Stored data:
########

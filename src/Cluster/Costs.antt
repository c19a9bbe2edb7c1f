-- ===== src/Cluster/Costs.antt =====
-- How many calls of a kind an action may make, in terms of its result: a rule for each way to build
-- an action.
use infra_devops.Base.{
  ℕ, ◌+◌, ◌≤◌, Bool, true, false, if◌then◌else◌, Option, none, some, Err, Result, ok, err, on_error,
  on_result, [], ◌∷◌, ◌≡◌, arith, ap, refl,
}
use infra_devops.Cluster.Calls.{Call, History}
use infra_devops.Cluster.Action.{State, M, pure, ask, ◌>>=◌}
use infra_devops.Cluster.Emits.{Extends, here, more, Emits, >>=-some}

abbrev pub total : (Call → ℕ) → History → ℕ
total weight [] = 0
total weight (c ∷ cs) = weight c + total weight cs

-- With `i` spent before, a run of `m` that returns `a` has spent at most `cost a` in all.
pub record Costs {S A : Type 0} (weight : Call → ℕ) (i : ℕ) (cost : A → ℕ) (m : M S A)
    : Type 0 where
  pub bounded :
      (s s' : State S) (a : A)
      → m s ≡ some (a, s')
      → total weight s'.calls + i ≤ total weight s.calls + cost a

total-Extends :
    (weight : Call → ℕ) {old new : History}
    → Extends (λ c. weight c ≡ 0) old new
    → total weight new ≡ total weight old
total-Extends weight here = refl
total-Extends weight (more p e) = omega (arith, total-Extends weight e)

module _ {S A : Type 0} (weight : Call → ℕ) (i : ℕ) where
  pub Costs-free : (m : M S A) → Emits (λ c. weight c ≡ 0) m → Costs weight i (λ a. i) m
  Costs-free m h = record {
    bounded = λ s s' a r. omega (arith, total-Extends weight (h.emitted s s' a r));
  }

  pub Costs-pure : (cost : A → ℕ) (a : A) → i ≤ cost a → Costs {S = S} weight i cost (pure a)
  unfolding pure
  Costs-pure cost a h = record {
    bounded = λ s s' b r.
        let p : s.calls ≡ s'.calls = cc in
        let q : a ≡ b = cc in omega (arith, ap (total weight) p, ap cost q);
  }

  pub Costs-ask :
      (c : Call) (f : History → A) → Costs {S = S} weight i (λ _. weight c + i) (ask c f)
  unfolding ask
  Costs-ask c f = record {
    bounded =
        λ s s' b r. let p : (c ∷ s.calls) ≡ s'.calls = cc in omega (arith, ap (total weight) p);
  }

  pub Costs-if :
      (cost : A → ℕ) (b : Bool) (m n : M S A)
      → Costs weight i cost m
      → Costs weight i cost n
      → Costs weight i cost (if b then m else n)
  Costs-if cost true m n hm hn = hm
  Costs-if cost false m n hm hn = hn

  pub Costs-on_error :
      (cost : A → ℕ) (e : Option Err) (f : Err → M S A) (m : M S A)
      → ((x : Err) → Costs weight i cost (f x))
      → Costs weight i cost m
      → Costs weight i cost (on_error e f m)
  Costs-on_error cost none f m hf hm = hm
  Costs-on_error cost (some x) f m hf hm = hf x

module _ {S A B : Type 0} (weight : Call → ℕ) (i : ℕ) where
  pub Costs-bind :
      (first : A → ℕ) (cost : B → ℕ) (m : M S A) (f : A → M S B)
      → Costs weight i first m
      → ((a : A) → Costs weight (first a) cost (f a))
      → Costs weight i cost (m >>= f)
  Costs-bind first cost m f hm hf = record {
    bounded = λ s s'' b h.
        let (a, s', p, q) = >>=-some m f s s'' b h in
        omega (arith, hm.bounded s s' a p, (hf a).bounded s' s'' b q);
  }

  pub Costs-on_result :
      (cost : B → ℕ) (r : Result A) (f : Err → M S B) (g : A → M S B)
      → ((x : Err) → Costs weight i cost (f x))
      → ((a : A) → Costs weight i cost (g a))
      → Costs weight i cost (on_result r f g)
  Costs-on_result cost (ok a) f g hf hg = hg a
  Costs-on_result cost (err x) f g hf hg = hf x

########

TO DO:
Only the lines that contain the string "Option" are to be copied from the records.

SOLUTION:
  ℕ, ◌+◌, ◌≤◌, Bool, true, false, if◌then◌else◌, Option, none, some, Err, Result, ok, err, on_error,
      (cost : A → ℕ) (e : Option Err) (f : Err → M S A) (m : M S A)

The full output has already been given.